**RECORDS FOR THIS TASK**
::::
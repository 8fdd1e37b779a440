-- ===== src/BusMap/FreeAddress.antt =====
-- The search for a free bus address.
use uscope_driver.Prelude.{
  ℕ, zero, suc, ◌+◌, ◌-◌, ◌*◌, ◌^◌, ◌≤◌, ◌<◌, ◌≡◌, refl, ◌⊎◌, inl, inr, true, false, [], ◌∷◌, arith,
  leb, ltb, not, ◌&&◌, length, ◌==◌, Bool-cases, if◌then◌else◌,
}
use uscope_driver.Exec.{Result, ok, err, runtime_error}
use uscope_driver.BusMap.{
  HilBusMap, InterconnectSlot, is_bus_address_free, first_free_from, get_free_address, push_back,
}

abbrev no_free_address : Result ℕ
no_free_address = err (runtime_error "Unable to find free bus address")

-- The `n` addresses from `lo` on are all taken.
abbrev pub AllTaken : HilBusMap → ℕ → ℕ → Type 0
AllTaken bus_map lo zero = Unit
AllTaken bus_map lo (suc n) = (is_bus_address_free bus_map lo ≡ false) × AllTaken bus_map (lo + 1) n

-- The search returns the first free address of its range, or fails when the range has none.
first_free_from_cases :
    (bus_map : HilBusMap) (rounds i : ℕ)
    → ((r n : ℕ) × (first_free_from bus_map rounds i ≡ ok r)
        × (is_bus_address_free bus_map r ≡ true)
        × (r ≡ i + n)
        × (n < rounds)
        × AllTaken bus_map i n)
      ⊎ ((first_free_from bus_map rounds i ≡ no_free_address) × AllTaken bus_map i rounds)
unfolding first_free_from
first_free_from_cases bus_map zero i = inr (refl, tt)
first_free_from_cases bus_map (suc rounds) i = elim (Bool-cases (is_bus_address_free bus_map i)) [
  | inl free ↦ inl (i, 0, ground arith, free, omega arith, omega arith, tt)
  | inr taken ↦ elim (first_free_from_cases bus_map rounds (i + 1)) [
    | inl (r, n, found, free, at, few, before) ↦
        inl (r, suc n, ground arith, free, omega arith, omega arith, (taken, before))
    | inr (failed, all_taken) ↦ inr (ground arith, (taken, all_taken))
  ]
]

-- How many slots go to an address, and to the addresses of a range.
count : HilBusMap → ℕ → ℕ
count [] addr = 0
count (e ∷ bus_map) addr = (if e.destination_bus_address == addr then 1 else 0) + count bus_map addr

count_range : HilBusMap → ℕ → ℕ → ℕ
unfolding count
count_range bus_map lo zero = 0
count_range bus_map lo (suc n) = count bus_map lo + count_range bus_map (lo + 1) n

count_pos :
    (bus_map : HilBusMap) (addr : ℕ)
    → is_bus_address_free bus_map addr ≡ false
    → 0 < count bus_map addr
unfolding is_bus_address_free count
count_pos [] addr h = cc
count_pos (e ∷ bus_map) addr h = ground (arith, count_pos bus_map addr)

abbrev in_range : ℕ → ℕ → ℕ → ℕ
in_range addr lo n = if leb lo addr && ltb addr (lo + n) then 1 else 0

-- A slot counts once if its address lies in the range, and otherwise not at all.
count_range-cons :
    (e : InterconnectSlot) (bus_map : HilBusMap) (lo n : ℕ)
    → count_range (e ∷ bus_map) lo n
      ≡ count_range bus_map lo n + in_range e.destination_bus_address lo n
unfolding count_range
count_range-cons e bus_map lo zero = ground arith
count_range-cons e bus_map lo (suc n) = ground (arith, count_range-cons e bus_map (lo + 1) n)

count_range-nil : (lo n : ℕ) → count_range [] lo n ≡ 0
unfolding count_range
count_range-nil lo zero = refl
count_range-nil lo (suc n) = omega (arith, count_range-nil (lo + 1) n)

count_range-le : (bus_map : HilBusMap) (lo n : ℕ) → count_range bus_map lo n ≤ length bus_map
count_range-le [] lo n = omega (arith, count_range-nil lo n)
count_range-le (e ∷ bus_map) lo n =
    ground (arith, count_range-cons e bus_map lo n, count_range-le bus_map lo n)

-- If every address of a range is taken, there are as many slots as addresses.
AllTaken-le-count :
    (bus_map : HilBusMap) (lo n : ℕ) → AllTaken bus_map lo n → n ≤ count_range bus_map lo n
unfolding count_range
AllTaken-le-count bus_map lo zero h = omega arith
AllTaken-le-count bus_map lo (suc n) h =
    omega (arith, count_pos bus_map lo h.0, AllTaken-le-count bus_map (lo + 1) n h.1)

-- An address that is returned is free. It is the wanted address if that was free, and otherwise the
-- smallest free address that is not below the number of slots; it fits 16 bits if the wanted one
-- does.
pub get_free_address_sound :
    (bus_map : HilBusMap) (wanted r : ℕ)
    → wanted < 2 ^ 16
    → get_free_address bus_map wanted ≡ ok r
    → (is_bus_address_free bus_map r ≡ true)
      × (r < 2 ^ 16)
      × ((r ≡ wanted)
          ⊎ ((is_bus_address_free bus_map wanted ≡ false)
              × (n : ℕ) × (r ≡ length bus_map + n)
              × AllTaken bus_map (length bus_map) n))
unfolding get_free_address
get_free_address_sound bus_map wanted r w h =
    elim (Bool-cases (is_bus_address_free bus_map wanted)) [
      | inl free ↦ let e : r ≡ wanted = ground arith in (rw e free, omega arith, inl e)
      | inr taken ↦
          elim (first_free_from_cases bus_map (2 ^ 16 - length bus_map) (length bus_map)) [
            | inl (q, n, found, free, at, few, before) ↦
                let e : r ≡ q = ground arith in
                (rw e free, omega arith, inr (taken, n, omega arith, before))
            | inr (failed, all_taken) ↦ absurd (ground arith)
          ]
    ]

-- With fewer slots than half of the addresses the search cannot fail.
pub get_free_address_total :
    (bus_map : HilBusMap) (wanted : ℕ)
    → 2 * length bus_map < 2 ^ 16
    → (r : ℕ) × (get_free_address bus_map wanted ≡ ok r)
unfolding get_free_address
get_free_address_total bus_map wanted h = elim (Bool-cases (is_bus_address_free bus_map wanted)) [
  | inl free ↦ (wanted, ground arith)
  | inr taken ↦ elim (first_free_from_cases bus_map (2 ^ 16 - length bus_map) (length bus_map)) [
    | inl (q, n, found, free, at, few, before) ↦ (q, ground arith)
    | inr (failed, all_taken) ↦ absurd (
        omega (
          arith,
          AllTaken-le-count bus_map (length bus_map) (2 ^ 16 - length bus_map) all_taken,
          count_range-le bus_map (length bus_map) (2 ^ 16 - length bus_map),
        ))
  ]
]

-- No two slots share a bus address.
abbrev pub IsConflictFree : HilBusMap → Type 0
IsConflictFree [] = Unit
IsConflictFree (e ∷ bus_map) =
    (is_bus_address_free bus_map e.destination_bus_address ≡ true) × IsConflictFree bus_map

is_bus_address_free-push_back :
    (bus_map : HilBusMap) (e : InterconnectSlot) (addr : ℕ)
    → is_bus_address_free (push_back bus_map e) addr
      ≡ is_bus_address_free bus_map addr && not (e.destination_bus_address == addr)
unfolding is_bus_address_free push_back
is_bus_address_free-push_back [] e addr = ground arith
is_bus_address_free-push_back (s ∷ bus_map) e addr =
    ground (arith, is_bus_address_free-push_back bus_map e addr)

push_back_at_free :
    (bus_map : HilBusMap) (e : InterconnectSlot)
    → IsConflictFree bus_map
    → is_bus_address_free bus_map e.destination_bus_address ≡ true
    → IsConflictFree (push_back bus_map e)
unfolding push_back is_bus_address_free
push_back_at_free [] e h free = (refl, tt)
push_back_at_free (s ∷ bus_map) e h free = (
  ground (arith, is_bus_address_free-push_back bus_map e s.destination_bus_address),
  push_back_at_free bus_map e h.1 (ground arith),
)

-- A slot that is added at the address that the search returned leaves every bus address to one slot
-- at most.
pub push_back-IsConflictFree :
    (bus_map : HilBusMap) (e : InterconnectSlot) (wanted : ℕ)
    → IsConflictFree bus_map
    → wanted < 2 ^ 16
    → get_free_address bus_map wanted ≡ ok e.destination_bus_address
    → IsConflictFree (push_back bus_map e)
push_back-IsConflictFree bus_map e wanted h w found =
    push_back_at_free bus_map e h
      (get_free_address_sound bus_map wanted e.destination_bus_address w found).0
::::
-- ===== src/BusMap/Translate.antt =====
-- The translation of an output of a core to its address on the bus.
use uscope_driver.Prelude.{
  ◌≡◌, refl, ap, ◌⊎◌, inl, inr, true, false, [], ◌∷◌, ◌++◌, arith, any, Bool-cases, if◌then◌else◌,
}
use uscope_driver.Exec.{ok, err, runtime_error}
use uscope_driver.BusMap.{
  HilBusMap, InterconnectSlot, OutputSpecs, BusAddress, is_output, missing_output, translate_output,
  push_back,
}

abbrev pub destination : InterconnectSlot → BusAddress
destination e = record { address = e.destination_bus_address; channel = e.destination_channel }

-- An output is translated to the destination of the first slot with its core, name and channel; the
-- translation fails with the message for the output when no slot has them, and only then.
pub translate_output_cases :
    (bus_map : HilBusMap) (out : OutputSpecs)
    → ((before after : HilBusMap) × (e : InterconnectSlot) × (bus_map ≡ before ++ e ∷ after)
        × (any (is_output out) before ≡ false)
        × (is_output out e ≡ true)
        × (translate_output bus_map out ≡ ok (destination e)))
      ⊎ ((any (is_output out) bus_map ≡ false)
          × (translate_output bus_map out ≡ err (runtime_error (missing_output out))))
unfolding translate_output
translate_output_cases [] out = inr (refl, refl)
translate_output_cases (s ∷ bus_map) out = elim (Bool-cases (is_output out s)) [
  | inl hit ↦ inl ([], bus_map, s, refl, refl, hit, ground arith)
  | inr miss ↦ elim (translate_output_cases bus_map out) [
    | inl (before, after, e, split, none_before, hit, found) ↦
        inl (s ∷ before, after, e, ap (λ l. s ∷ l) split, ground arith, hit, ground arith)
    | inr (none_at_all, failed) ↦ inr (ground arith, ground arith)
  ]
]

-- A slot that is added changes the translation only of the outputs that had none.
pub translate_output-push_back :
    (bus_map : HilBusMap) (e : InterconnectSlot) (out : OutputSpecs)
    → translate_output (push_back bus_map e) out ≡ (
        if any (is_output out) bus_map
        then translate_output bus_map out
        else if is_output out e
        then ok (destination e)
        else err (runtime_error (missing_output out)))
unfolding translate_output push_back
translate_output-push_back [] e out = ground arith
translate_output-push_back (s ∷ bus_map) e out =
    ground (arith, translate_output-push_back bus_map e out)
::::
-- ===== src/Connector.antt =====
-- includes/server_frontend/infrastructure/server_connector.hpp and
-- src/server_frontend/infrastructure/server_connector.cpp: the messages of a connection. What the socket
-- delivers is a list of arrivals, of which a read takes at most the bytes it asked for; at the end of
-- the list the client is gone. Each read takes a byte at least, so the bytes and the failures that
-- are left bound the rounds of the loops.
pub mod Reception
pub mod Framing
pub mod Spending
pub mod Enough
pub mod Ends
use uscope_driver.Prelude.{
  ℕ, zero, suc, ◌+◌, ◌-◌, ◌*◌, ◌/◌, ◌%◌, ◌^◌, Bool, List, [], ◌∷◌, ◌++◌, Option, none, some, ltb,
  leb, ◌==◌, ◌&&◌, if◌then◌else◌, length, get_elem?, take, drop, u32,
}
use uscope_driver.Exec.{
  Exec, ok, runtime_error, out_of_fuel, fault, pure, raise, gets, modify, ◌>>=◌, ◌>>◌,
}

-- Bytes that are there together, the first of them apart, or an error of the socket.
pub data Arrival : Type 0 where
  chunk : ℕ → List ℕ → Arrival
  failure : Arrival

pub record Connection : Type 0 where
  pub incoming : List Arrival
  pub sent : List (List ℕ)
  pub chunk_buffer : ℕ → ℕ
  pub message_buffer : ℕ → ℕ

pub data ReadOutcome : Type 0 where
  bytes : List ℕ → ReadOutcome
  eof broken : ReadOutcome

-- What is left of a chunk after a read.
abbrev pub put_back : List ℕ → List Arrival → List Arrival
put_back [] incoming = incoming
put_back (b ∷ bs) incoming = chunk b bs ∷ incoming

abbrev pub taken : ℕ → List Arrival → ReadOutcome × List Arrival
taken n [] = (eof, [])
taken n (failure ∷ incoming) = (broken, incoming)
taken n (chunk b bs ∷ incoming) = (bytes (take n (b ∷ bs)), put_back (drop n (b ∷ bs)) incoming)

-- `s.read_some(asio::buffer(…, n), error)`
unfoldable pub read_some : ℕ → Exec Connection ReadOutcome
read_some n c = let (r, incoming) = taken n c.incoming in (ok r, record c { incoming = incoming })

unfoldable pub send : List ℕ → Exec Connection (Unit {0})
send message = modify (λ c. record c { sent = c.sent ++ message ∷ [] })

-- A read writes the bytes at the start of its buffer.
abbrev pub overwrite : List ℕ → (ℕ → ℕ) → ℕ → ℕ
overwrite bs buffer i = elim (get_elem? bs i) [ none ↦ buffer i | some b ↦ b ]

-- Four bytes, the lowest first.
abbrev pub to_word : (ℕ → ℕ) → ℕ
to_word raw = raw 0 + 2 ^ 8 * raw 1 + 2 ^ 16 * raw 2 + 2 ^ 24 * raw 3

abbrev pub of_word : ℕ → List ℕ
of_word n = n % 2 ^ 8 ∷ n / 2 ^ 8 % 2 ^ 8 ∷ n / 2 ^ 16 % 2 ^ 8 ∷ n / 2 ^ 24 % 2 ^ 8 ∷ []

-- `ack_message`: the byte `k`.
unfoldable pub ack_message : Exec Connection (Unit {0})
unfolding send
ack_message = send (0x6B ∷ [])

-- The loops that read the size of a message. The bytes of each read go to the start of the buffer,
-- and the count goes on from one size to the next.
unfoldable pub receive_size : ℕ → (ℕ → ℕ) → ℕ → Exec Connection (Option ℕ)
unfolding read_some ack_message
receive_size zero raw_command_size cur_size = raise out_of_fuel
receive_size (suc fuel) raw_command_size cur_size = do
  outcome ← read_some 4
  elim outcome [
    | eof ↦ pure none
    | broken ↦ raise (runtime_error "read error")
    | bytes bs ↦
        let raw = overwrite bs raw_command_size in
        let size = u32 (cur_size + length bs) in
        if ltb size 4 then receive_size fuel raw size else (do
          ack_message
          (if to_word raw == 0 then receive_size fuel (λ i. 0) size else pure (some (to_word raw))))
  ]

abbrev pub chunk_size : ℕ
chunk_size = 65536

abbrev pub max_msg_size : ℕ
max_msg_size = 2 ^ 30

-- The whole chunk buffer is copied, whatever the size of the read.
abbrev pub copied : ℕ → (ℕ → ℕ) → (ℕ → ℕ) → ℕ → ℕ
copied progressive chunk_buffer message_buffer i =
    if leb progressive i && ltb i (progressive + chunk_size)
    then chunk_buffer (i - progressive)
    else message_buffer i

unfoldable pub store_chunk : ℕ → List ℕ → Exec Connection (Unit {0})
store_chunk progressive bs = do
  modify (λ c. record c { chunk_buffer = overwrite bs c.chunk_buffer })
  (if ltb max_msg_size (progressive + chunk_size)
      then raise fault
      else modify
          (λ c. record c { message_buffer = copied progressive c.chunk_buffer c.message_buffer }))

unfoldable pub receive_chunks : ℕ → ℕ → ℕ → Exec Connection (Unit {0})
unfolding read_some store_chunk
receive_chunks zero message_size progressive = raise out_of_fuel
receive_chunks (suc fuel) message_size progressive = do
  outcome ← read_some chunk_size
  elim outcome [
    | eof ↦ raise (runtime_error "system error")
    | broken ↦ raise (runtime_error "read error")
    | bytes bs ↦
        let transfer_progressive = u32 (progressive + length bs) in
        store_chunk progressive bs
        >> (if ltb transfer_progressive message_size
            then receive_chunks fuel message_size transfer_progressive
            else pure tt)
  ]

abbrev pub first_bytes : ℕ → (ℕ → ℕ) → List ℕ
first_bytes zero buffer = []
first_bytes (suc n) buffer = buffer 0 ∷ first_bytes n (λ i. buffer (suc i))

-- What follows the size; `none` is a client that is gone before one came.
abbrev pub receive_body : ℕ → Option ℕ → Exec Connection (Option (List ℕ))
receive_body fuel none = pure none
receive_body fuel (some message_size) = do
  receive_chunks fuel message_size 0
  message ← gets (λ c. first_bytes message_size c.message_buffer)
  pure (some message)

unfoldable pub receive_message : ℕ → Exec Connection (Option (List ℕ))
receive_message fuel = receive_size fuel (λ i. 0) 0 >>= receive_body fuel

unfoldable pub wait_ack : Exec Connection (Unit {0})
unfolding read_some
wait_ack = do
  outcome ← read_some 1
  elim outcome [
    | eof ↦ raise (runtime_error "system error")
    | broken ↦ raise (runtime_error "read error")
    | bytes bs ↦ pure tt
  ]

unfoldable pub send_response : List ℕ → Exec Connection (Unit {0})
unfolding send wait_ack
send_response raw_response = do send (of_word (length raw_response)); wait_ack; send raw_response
::::
**YOUR TASK**
When a line in the data contains "OutputSpecs", return it as written.

**RESPONSE FOR THIS EXERCISE**
  HilBusMap, InterconnectSlot, OutputSpecs, BusAddress, is_output, missing_output, translate_output,
    (bus_map : HilBusMap) (out : OutputSpecs)
    (bus_map : HilBusMap) (e : InterconnectSlot) (out : OutputSpecs)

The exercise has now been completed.